Over the last 7 years 128 latissimus dorsi free flaps have been performed at the BG Unfallklinik in Murnau. Since 1995, the use of a partial latissimus dorsi, sized according to the defect that has to be covered, leaving a functional remnant has continuously increased. We compared the donor site morbidity after standard and after partial latissimus dorsi flap in a small group of 10 patients each (n=20). The mean follow-up time was 18 and 24 months, the mean age of the patient 42.5 and 43.6 years. The evaluation included complaints, subjective loss of strength, scar length, ROM of the shoulder, and measured loss of strength, taking into account the patient’s dominant side.

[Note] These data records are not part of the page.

-- ===== src/Config/Deployment.antt =====
-- src/ft_system/common/config.py: `load_config`, from the document that `tomllib.load` has read.
use Prim.Native.String.{◌++◌}
use fall2026_18749_project.Prelude.{
  String, Bool, true, false, Option, none, some, List, [], ◌∷◌, Table, find,
}
use fall2026_18749_project.Value.{ℤ, pos, Float, finite, Value, float, Fields, lookup, get}
use fall2026_18749_project.Result.{Result, ok, config_error, guard, ◌>>=◌, ◌>>◌}
use fall2026_18749_project.Config.{
  ServerConfig, ClientConfig, LfdConfig, GfdConfig, AppConfig, section, non_empty_string, port_of,
  positive_number, get_default,
}
use fall2026_18749_project.Config.Tables.{parse_servers, parse_clients, parse_lfds}

-- `k in d`
unfoldable pub has_key {ℓ} : {V : Type ℓ} → Table V → String → Bool
has_key d k = elim (find d k) [ none ↦ false | some v ↦ true ]

unfoldable pub check_ids : Table ServerConfig → String → List String → Result (Unit {0})
check_ids servers client_id [] = ok tt
check_ids servers client_id (server_id ∷ rest) = do
  guard (has_key servers server_id)
      (config_error ("client " ++ client_id ++ " references unknown server " ++ server_id))
  check_ids servers client_id rest

unfoldable pub check_clients : Table ServerConfig → Table ClientConfig → Result (Unit {0})
check_clients servers [] = ok tt
check_clients servers ((k, c) ∷ rest) = do
  check_ids servers c.client_id c.server_ids
  check_clients servers rest

unfoldable pub check_lfds : Table ServerConfig → Table LfdConfig → Result (Unit {0})
check_lfds servers [] = ok tt
check_lfds servers ((k, l) ∷ rest) = do
  guard (has_key servers l.server_id)
      (config_error ("LFD " ++ l.lfd_id ++ " references unknown server " ++ l.server_id))
  check_lfds servers rest

unfoldable pub parse_gfd : (ℤ → Result Float) → Fields → Result GfdConfig
parse_gfd to_float document = do
  raw ← section document "gfd"
  bind_host ← non_empty_string (get raw "bind_host") "gfd.bind_host"
  advertised_host ← non_empty_string (get raw "advertised_host") "gfd.advertised_host"
  port ← port_of (get raw "port") "gfd.port"
  heartbeat_freq ←
      positive_number to_float (get_default raw "heartbeat_freq" (float (finite (pos 1) 0)))
        "gfd.heartbeat_freq"
  read_timeout ←
      positive_number to_float (get_default raw "read_timeout" (float (finite (pos 2) 0)))
        "gfd.read_timeout"
  ok (record {
    bind_host = bind_host;
    advertised_host = advertised_host;
    port = port;
    heartbeat_freq = heartbeat_freq;
    read_timeout = read_timeout;
  })

unfoldable pub gfd_given : (ℤ → Result Float) → Fields → Option Value → Result (Option GfdConfig)
gfd_given to_float document none = ok none
gfd_given to_float document (some v) = parse_gfd to_float document >>= λ g. ok (some g)

-- `if "gfd" in data`
unfoldable pub gfd_of : (ℤ → Result Float) → Fields → Result (Option GfdConfig)
gfd_of to_float document = gfd_given to_float document (lookup document "gfd")

unfoldable pub load_config : (ℤ → Result Float) → Fields → Result AppConfig
load_config to_float document = do
  servers ← parse_servers document
  clients ← parse_clients to_float document
  lfds ← parse_lfds to_float document
  check_clients servers clients
  check_lfds servers lfds
  gfd ← gfd_of to_float document
  ok (record { servers = servers; clients = clients; lfds = lfds; gfd = gfd })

The acceptance of the donor area by the patients was very good in both groups. It was found that the loss of strength after partial latissimus dorsi is less evident than after standard latissimus dorsi. The scar length was independent of the type of flap chosen. There was no loss in range of movement. In both groups it was found that if the flap was taken from the non-dominant side the difference in strength to the dominant side was more than if the flap was taken from the dominant side. We could not see a causal relationship between age and the amount of strength lost. Because of the decreased donor site morbidity we think the partial latissimus dorsi flap should be used instead of the standard latissimus whenever possible. Received: 9 March 1998 / Accepted: 3 June 1999  相似文献   

13.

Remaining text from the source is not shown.